Then they'll get an unhappy EG back. Suns aren't gonna force it. They'll sign a stop gap and go back into FA next yr.


----------



## R-Star

*Re: Update: Eric Gordon to sign 4-yr/$58M MAX offer sheet from PHX*



Knicks4life said:


> It does not matter want he wants its going to take more than Marshall and the Laker first to get the Hornets not to match.


Exactly. I'm pretty tired of these "They better take it OR ELSE!" quotes I hear all the time around here.


----------



## R-Star

*Re: Update: Eric Gordon to sign 4-yr/$58M MAX offer sheet from PHX*



Dissonance said:


> Then they'll get an unhappy EG back. Suns aren't gonna force it. They'll sign a stop gap and go back into FA next yr.


Then that's exactly what they'll get. Do you think Gordon will just quit playing and end his career if NO keeps him?


----------



## R-Star

*Re: Update: Eric Gordon to sign 4-yr/$58M MAX offer sheet from PHX*



Dissonance said:


> http://www.nola.com/hornets/index.ssf/2012/07/new_orleans_hornets_guard_eric_21.html#incart_river


I'm pretty disappointed with this talk. He sounds like a spoiled brat.


----------



## Dissonance

*Re: Update: Eric Gordon to sign 4-yr/$58M MAX offer sheet from PHX*



R-Star said:


> Then that's exactly what they'll get. Do you think Gordon will just quit playing and end his career if NO keeps him?


Oh, no, course not. But it's usualy not good for bball. Apparently, players seem to get to dictate everything. This is the first time I'm on the otherside of it. A player actually wants to come here lol. 

I wouldn't be surprised if they dealt him before his player option Suns put in yr 4 if they matched him.


----------



## Dissonance

*Re: Update: Eric Gordon to sign 4-yr/$58M MAX offer sheet from PHX*



R-Star said:


> I'm pretty disappointed with this talk. He sounds like a spoiled brat.


True. Doesn't look good. I think he's doing it purposely so it creates a firestorm enough to get em to not match. Wrong or not. Never heard about stuff like this from him before. Not that I followed him closely.


----------



## Hyperion

*Re: Update: Eric Gordon to sign 4-yr/$58M MAX offer sheet from PHX*



R-Star said:


> I'm pretty disappointed with this talk. He sounds like a spoiled brat.
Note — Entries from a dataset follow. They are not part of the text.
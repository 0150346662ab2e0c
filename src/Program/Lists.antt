-- ===== src/Program/Lists.antt =====
-- The lists of MIDI devices after a session, whatever fuel it has.
use profi_lua.Base.{ℕ, ◌+◌, ◌≤◌, ok, arith, Returns, Returns-ok, length}
use profi_lua.Lua.{Lua}
use profi_lua.Midi.State.{Midi, Winmm}
use profi_lua.Midi.Session.Calls.{Promised}
use profi_lua.Midi.Session.Safe.{session-Promised}
use profi_lua.Midi.Fuel.Calls.{session-more, Allocates-more}
use profi_lua.Program.{Plays}

-- The lists are well formed, with any number of cells.
abbrev pub WellFormed : {D : Type 0} → Midi D → Type 0
WellFormed m = (n : ℕ) × Promised n m

pub Plays-WellFormed :
    {D : Type 0} (lua : Lua) (w : Winmm D) {m m' : Midi D}
    → Plays lua w m m'
    → WellFormed m
    → WellFormed m'
Plays-WellFormed lua w {m} {m'} p (n, promised) =
    let k = p.fuel + (length p.ops + n) in
    let more : p.fuel ≤ k = omega arith in
    let runs = session-more lua w p.fuel k more p.ops m m' p.runs in
    let unused = Allocates-more lua w p.fuel k more p.ops m m' p.runs p.unused in
    let q : Returns (λ _ t. Promised (length p.ops + n) t) (ok tt m') =
      rw runs at (session-Promised lua w k p.ops n m promised (omega arith) unused) in
    (length p.ops + n, Returns-ok q)
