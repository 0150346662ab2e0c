-- ===== src/Program/Reach.antt =====
-- The states that the whole program reaches.
use profi_lua.Base.{
  ◌<◌, ℕ, ◌≡◌, List, [], ◌∷◌, ok, After, After-mono, After-both, Returns-mono, suc, Returns,
  Option-cases, inl, inr,
}
use profi_lua.Lua.{Lua}
use profi_lua.Midi.State.{Midi, Winmm}
use profi_lua.Midi.Session.{Op, perform, session, Allocates, Unused}
use profi_lua.Midi.Session.Safe.{perform-Promised}
use profi_lua.Sim.State.{Script, Sim}
use profi_lua.Sim.Worlds.{Turn, Runs-inv, world_of}
use profi_lua.Sim.Host.{Call, serve, host, host-Agrees, host-Runs}
use profi_lua.Sim.Console.{Agrees}
use profi_lua.Program.{World, Plays, PlaysOnly, Step, Reaches, with_midi}
use profi_lua.Program.Lists.{WellFormed, Plays-WellFormed}

module _ {D H : Type 0} (lua : Lua) (w : Winmm D) (script : Script (World D H))
    (only : PlaysOnly lua w script) where
  -- The lists of MIDI devices are well formed, and `gConsole` says whether the console is open.
  abbrev pub Sound : Sim (World D H) → Type 0
  Sound s = WellFormed (world_of s).midi × Agrees s

  Turn-WellFormed : (u v : World D H) → Turn script u v → WellFormed u.midi → WellFormed v.midi
  Turn-WellFormed u v t = Plays-WellFormed lua w (only u v t)

  pub host-Sound :
      (cs : List Call) (s : Sim (World D H)) → Sound s → After Sound (host lua script cs s)
  host-Sound cs s (lists, console) =
      After-both (λ (t : Sim (World D H)). WellFormed (world_of t).midi) Agrees
        (host lua script cs s)
        (After-mono (host lua script cs s) (host-Runs lua script cs s)
          (λ t runs. Runs-inv (λ u. WellFormed u.midi) Turn-WellFormed runs lists))
        (host-Agrees lua script cs s console)

  serve-Sound :
      (c : Call) {s t : Sim (World D H)} → serve lua script c s ≡ ok tt t → Sound s → Sound t
  unfolding host
  serve-Sound c {s} e sound = rw e at (host-Sound (c ∷ []) s sound)

  put_in-Sound :
      (s : Sim (World D H)) (m : Midi D)
      → Sound s
      → WellFormed m
      → Sound (with_midi lua w script m s)
  put_in-Sound s m (lists, console) formed = elim (Option-cases s.lua) [
    | inl e ↦ rw e (formed, record { flag = console.flag; closes = console.closes })
    | inr (vm, e) ↦ rw e (formed, record { flag = console.flag; closes = console.closes })
  ]

  Step-Sound : {s t : Sim (World D H)} → Step lua w script s t → Sound s → Sound t
  unfolding session perform Allocates
  Step-Sound (Step.serves c e) sound = serve-Sound c e sound
  Step-Sound (Step.arrives s {m} k fresh num msgpar unused e) sound =
      let plays : Plays lua w (world_of s).midi m = record {
        fuel = k;
        ops = Op.receive fresh num msgpar ∷ [];
        unused = (unused, rw e tt);
        runs = rw e;
      } in
      put_in-Sound s m sound (Plays-WellFormed lua w plays sound.0)

  Reaches-Sound : {s t : Sim (World D H)} → Sound s → Reaches lua w script s t → Sound t
  Reaches-Sound sound Reaches.here = sound
  Reaches-Sound sound (Reaches.next r step) = Step-Sound step (Reaches-Sound sound r)

  -- The lists of MIDI devices are well formed, `gConsole` says whether the console is open, and each
  -- further call of the library `promidi`, with any arguments, and each further message returns and
  -- keeps the lists well formed, with any fuel above a bound that the state gives.
  pub record IsSafe (s : Sim (World D H)) : Type 0 where
    pub lists : WellFormed (world_of s).midi
    pub console : Agrees s
    pub bound : ℕ
    pub calls :
        (k : ℕ) (o : Op)
        → bound < k
        → Unused lua w k o (world_of s).midi
        → Returns (λ _ m. WellFormed m) (perform lua w k o (world_of s).midi)

  -- Every state that the whole program reaches is safe: the lists of MIDI devices and of their events
  -- are well formed, each further call of the library `promidi` and each message returns and keeps
  -- them so, dereferencing no NULL or freed pointer and with every loop ending, and `gConsole` says
  -- whether the debug console is open. The lists are well formed and the flag is right at first. The
  -- program takes any number of steps in any order: the simulator's calls, with any inputs, and
  -- messages of the driver between them. The script is any that changes the MIDI state only by calls
  -- of the library `promidi`, also while messages arrive between its calls and inside `plGetEvent`
  -- and `plCloseMidiIn`; its Lua state may be closed and opened again, while the lists remain. Each
  -- `malloc` returns NULL or an unused address.
  pub Reaches-IsSafe : {s t : Sim (World D H)} → Sound s → Reaches lua w script s t → IsSafe t
  Reaches-IsSafe {t} sound reached =
      let ((n, promised), console) = Reaches-Sound sound reached in
      record {
        lists = (n, promised);
        console = console;
        bound = n;
        calls = λ k o fuel unused.
            Returns-mono (perform-Promised lua w k o n (world_of t).midi promised fuel unused)
              λ _ m p. (suc n, p);
      }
Maybe they shouldn't have drafted his exact position and not talked contract with him on opening day. They literally are just threatening with matching anyone's offer. Why not offer something better? Why not come out the gates with an offer to scare everyone else away? It's because they don't want him. They just want Phoenix to panic and trade away Gortat (he's the only guy any team would want) I guess. It's not like Phoenix has a lot of trading pieces here.


----------



## R-Star

*Re: Update: Eric Gordon to sign 4-yr/$58M MAX offer sheet from PHX*



Hyperion said:


> Maybe they shouldn't have drafted his exact position and not talked contract with him on opening day. They literally are just threatening with matching anyone's offer. Why not offer something better? Why not come out the gates with an offer to scare everyone else away? It's because they don't want him. They just want Phoenix to panic and trade away Gortat (he's the only guy any team would want) I guess. It's not like Phoenix has a lot of trading pieces here.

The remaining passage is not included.